Category Archives: Travel
Actual Sign in Singapore Passport Control
PLEASE BEWARE OF THE SWING FLAPPER
JB
I went to Malaysia for lunch.
I took the express bus across the causeway to Johor Bahru (known as JB). This was a short drive on a remarkably verdant freeway to Singapore passport control, at which point we all got off the bus to get out passports stamped, then got on another bus for a five-minute ride to JB. Then through Malaysian passport control, past customs (really, I just walked by it), and into a cavernous bus station with no clear idea of where to go next. I wandered around and around the station and the attached mall, looking for a bus to the center of town, before realizing that the station itself was in the center of town and where I wanted to go was only a few blocks away.
The mall attached to the station is big and new and the equal of anything in the US. Once you walk out the front door, you bump into the third world. Or at least the seedier areas of Los Angeles. It’s as if south-central LA and Beverly Hills were on the same block. I was barely out the door before some sketchy guy tried to sell me an iPhone.
Further on, it’s more of an amalgamation of small shops and restaurants catering to Malaysian, Indian, and Chinese customers. Kind of interesting to walk around and look at, but not something that takes a lot of time. I had lunch (mee mamak and ice kopi) at the Restoran Hua Mui (established 1946), then headed back to the station.
It was pretty much the same process going back. The trip itself is only 10 or 15 minutes, but you have to go through passport control for both Malaysia and Singapore. Nothing complex, but it does require getting off the bus and being routed through a large building, only to come out the other side and get on a different bus.
The walk back to the hotel from the bus station is about a half a mile, and I had only just gotten off the bus when it started to rain. It rained progressively harder, but I was mostly able to stay undercover until I was about four blocks away from the hotel. By that time it was a full-scale cloudburst. I decided to run for it. I sprinted for about a block and a half before I realized that there was no point. I was already as wet as I could possibly be. So I just strolled the rest of the way.
One nice thing about the tropics is that even if you’re drenched, you’re not cold. Not until you enter an air-conditioned building, at any rate.
Discovery
There are numerous money changers within a few blocks of the hotel.
Oh, man.
Merlion
Wandering Through Hell
After lunch yesterday, I went to Hell.
Specifically, I went to Haw Par Villa, which is a defunct theme park from the 1930s that includes a diorama of the Chinese Ten Courts of Hell.

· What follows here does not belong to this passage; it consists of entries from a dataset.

-- ===== src/Verify/Policy/Axes.antt =====
-- The policy, evidence and coverage axes of src/verify/policy.rs, and what adding an anchor to the
-- unauthenticated `anchors` array does to them.
use atl_cli.Prelude.{
  ℕ, ◌+◌, ◌<◌, String, Bool, true, false, not, ◌&&◌, ◌||◌, Option, none, some, List, [], ◌∷◌, ◌++◌,
  ◌≡◌, ◌↔◌, refl, arith, length, length-append, count_if-append, any, if◌then◌else◌, ◌==◌, ltb,
  is_some, is_empty-length, count_if-le-length,
}
use atl_cli.Verify.Verdict.{ReasonCode}
use atl_cli.Verify.Anchor.{AnchorVerificationResult}
use atl_cli.Verify.Policy.{
  AnchorPolicy, compute, policy_satisfied, evidence_established, max_trust_profile,
  coverage_complete, accepted_with_gaps, unsatisfied_reason,
}
use atl_cli.Verify.Policy.Tally.{
  is_verified, is_verified_as, verified_count, compute-verified, compute-total, compute-types,
}

compute_fields :
    (xs : List AnchorVerificationResult) (p : AnchorPolicy) (r : Option ReasonCode)
    → ((compute xs p r).total_anchors ≡ length xs)
      × ((compute xs p r).policy ≡ p)
      × ((compute xs p r).receipt_refutation ≡ r)
unfolding compute
compute_fields xs p r = (refl, refl, refl)

-- The outcome of the quorum, as a function of two counts.
abbrev pub meets : AnchorPolicy → Option ReasonCode → (total verified : ℕ) → Bool
meets p r total verified = if is_some r || total == 0 then false else elim p [
  | AnchorPolicy.all_anchors ↦ verified == total
  | AnchorPolicy.single_anchor ↦ ltb 0 verified
]

abbrev pub reason_of_counts : (total verified : ℕ) → Option ReasonCode
reason_of_counts total verified =
    if total == 0 || verified == 0
    then some ReasonCode.receipt_unanchored
    else some ReasonCode.anchor_quorum_unmet

module _ (xs : List AnchorVerificationResult) (p : AnchorPolicy) (r : Option ReasonCode) where
  pub policy_satisfied-meets :
      policy_satisfied (compute xs p r) ≡ meets p r (length xs) (verified_count xs)
  unfolding policy_satisfied
  policy_satisfied-meets = ground (arith, compute_fields xs p r, compute-verified xs p r)

  pub unsatisfied_reason-counts :
      unsatisfied_reason (compute xs p r) ≡ reason_of_counts (length xs) (verified_count xs)
  unfolding unsatisfied_reason
  unsatisfied_reason-counts = ground (arith, compute_fields xs p r, compute-verified xs p r)

  pub evidence-count :
      evidence_established (compute xs p r) ≡ ltb 0 (verified_count xs) && not (is_some r)
  unfolding evidence_established
  evidence-count = ground (arith, compute_fields xs p r, compute-verified xs p r)

  pub max_trust-types :
      max_trust_profile (compute xs p r)
      ≡ (any (is_verified_as "rfc3161") xs && any (is_verified_as "bitcoin_ots") xs)
        && not (is_some r)
  unfolding max_trust_profile
  max_trust-types = ground (arith, compute_fields xs p r, compute-types xs p r)

-- Coverage is complete exactly when the receipt was not refuted and every anchor presented was
-- verified.
pub coverage_complete_iff :
    (xs : List AnchorVerificationResult) (p : AnchorPolicy) (r : Option ReasonCode)
    → (coverage_complete (compute xs p r) ≡ true) ↔ ((r ≡ none) × (verified_count xs ≡ length xs))
unfolding coverage_complete
coverage_complete_iff xs p r = ground (
  arith,
  compute_fields xs p r,
  compute-verified xs p r,
  compute-total xs p r,
  is_empty-length (compute xs p r).unresolved,
  is_empty-length (compute xs p r).refuted,
)

-- Under the default policy a success always covers every anchor presented: acceptance with gaps
-- cannot happen.
pub all_anchors_no_gaps :
    (xs : List AnchorVerificationResult) (r : Option ReasonCode)
    → accepted_with_gaps (compute xs AnchorPolicy.all_anchors r) ≡ false
unfolding accepted_with_gaps
all_anchors_no_gaps xs r = ground (
  arith,
  policy_satisfied-meets xs AnchorPolicy.all_anchors r,
  coverage_complete_iff xs AnchorPolicy.all_anchors r,
)

-- Under the relaxed policy a success has gaps exactly when some anchor was not verified.
pub single_anchor_gaps_iff :
    (xs : List AnchorVerificationResult) (r : Option ReasonCode)
    → (accepted_with_gaps (compute xs AnchorPolicy.single_anchor r) ≡ true)
      ↔ ((r ≡ none) × (0 < verified_count xs) × (verified_count xs < length xs))
unfolding accepted_with_gaps
single_anchor_gaps_iff xs r = ground (
  arith,
  policy_satisfied-meets xs AnchorPolicy.single_anchor r,
  coverage_complete_iff xs AnchorPolicy.single_anchor r,
  count_if-le-length is_verified xs,
)

any-insert :
    (p : AnchorVerificationResult → Bool) (xs ys : List AnchorVerificationResult)
    (a : AnchorVerificationResult)
    → p a ≡ false
    → any p (xs ++ a ∷ ys) ≡ any p (xs ++ ys)
any-insert p [] ys a h = rw h
any-insert p (x ∷ xs) ys a h = rw (any-insert p xs ys a h)

pub verified_count-insert :
    (xs ys : List AnchorVerificationResult) (a : AnchorVerificationResult)
    → verified_count (xs ++ a ∷ ys) ≡ verified_count (xs ++ ys) + (if is_verified a then 1 else 0)
verified_count-insert xs ys a =
    omega
      (arith, count_if-append {0} is_verified xs (a ∷ ys), count_if-append {0} is_verified xs ys)

pub length-insert :
    (xs ys : List AnchorVerificationResult) (a : AnchorVerificationResult)
    → length (xs ++ a ∷ ys) ≡ length (xs ++ ys) + 1
length-insert xs ys a = omega (arith, length-append {0} xs (a ∷ ys), length-append {0} xs ys)

-- The evidence axis and the maximum-trust tier ignore an anchor that is not verified, wherever it is
-- inserted; the coverage axis always reports it.
pub insert_unverified_axes :
    (xs ys : List AnchorVerificationResult) (a : AnchorVerificationResult) (p : AnchorPolicy)
    (r : Option ReasonCode)
    → is_verified a ≡ false
    → (evidence_established (compute (xs ++ a ∷ ys) p r)
        ≡ evidence_established (compute (xs ++ ys) p r))
      × (max_trust_profile (compute (xs ++ a ∷ ys) p r)
          ≡ max_trust_profile (compute (xs ++ ys) p r))
      × (coverage_complete (compute (xs ++ a ∷ ys) p r) ≡ false)
insert_unverified_axes xs ys a p r h =
    let as_kind : (kind : String) → is_verified_as kind a ≡ false = λ kind. rw h in
    (
      ground (
        arith,
        evidence-count (xs ++ a ∷ ys) p r,
        evidence-count (xs ++ ys) p r,
        verified_count-insert xs ys a,
      ),
      ground (
        arith,
        max_trust-types (xs ++ a ∷ ys) p r,
        max_trust-types (xs ++ ys) p r,
        any-insert (is_verified_as "rfc3161") xs ys a (as_kind "rfc3161"),
        any-insert (is_verified_as "bitcoin_ots") xs ys a (as_kind "bitcoin_ots"),
      ),
      ground (
        arith,
        coverage_complete_iff (xs ++ a ∷ ys) p r,
        verified_count-insert xs ys a,
        length-insert xs ys a,
        count_if-le-length is_verified (xs ++ ys),
      ),
    )

-- A quorum that the default policy finds met is met under the relaxed policy too.
pub relaxing_keeps_quorum :
    (xs : List AnchorVerificationResult) (r : Option ReasonCode)
    → policy_satisfied (compute xs AnchorPolicy.all_anchors r) ≡ true
    → policy_satisfied (compute xs AnchorPolicy.single_anchor r) ≡ true
relaxing_keeps_quorum xs r h = ground (
  arith,
  policy_satisfied-meets xs AnchorPolicy.all_anchors r,
  policy_satisfied-meets xs AnchorPolicy.single_anchor r,
)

It was built by the two brothers who created Tiger Balm.
In fact, the whole thing is a collection of dioramas on the side of a hill. There are no rides. You just walk around and look at things.
And the things you look at are weird things. How weird are they? They’re this weird:
And this weird:
And this weird:
And those aren’t even the weirdest.
That last one depicts the story of a man who rescued a turtle from a market. Years later, the man was in a boat that went down in a storm, and the turtle saved him from drowning. We see the man celebrating as he rides the turtle to safety while his comrades drown.
This teaches children compassion. Toward turtles, at least, if not necessarily toward humans.
All the displays are meant to be instructive, and let me tell you, children would not likely forget what they saw here, even after years of therapy.
The depiction of Hell was the best part, because that’s inside an artificial cave, which allows them to add spooky lighting.
This whole thing is free, with no admission charge or t-shirt sales or requests for donations or anything that would explain how they pay for the upkeep. And it’s well-maintained. You might think it’s new if it weren’t for the fact that no one would dream of making something like this today.
Singapore Sling
PSA
Satay on the Quay
I woke up at 4:00 this morning. There’s not a lot you can do at 4:00 AM except wander around, so I did that.
I needed to exchange some more money. Airport rates are never good, so I hadn’t exchanged very much, because I knew I could do better in town. I figured there would be small currency exchange places all over like there are in Hong Kong.
There are not. They have some, but it took me about an hour to find them. For my trouble, though, I got a rate of 1.346, rather than the 1.3275 that I got on the airport, for a savings of US$5.55. Sweet!
Now I’m eating satay and drinking Tiger at a cafe on the Singapore River. The service is lousy, but I don’t have to tip them, and they seem content to just let me sit there and write blog posts on my phone.
No one seemed to be looking, so I drank the remaining peanut sauce straight.
Arrival
I arrived in Singapore at noon on Monday, got a quick lunch at Heavenly Wang, which is a real name that I am absolutely not making up, then got some Singapore dollars and a metro card and took the train into town.
After walking for about a mile in the wrong direction, I found the hotel and checked in, then went wandering. I wandered through Little India, then up to a truly Byzantine mall called IOS Orchard, then somewhere else, I think. I’m not really sure where i was. I was able to sleep fairly well on the plane, since i had a row of four seats to myself and was able to make a bed out of them, but I guess i was more tired than I thought I was. Anyway, I eventually made it back to the hotel without incident.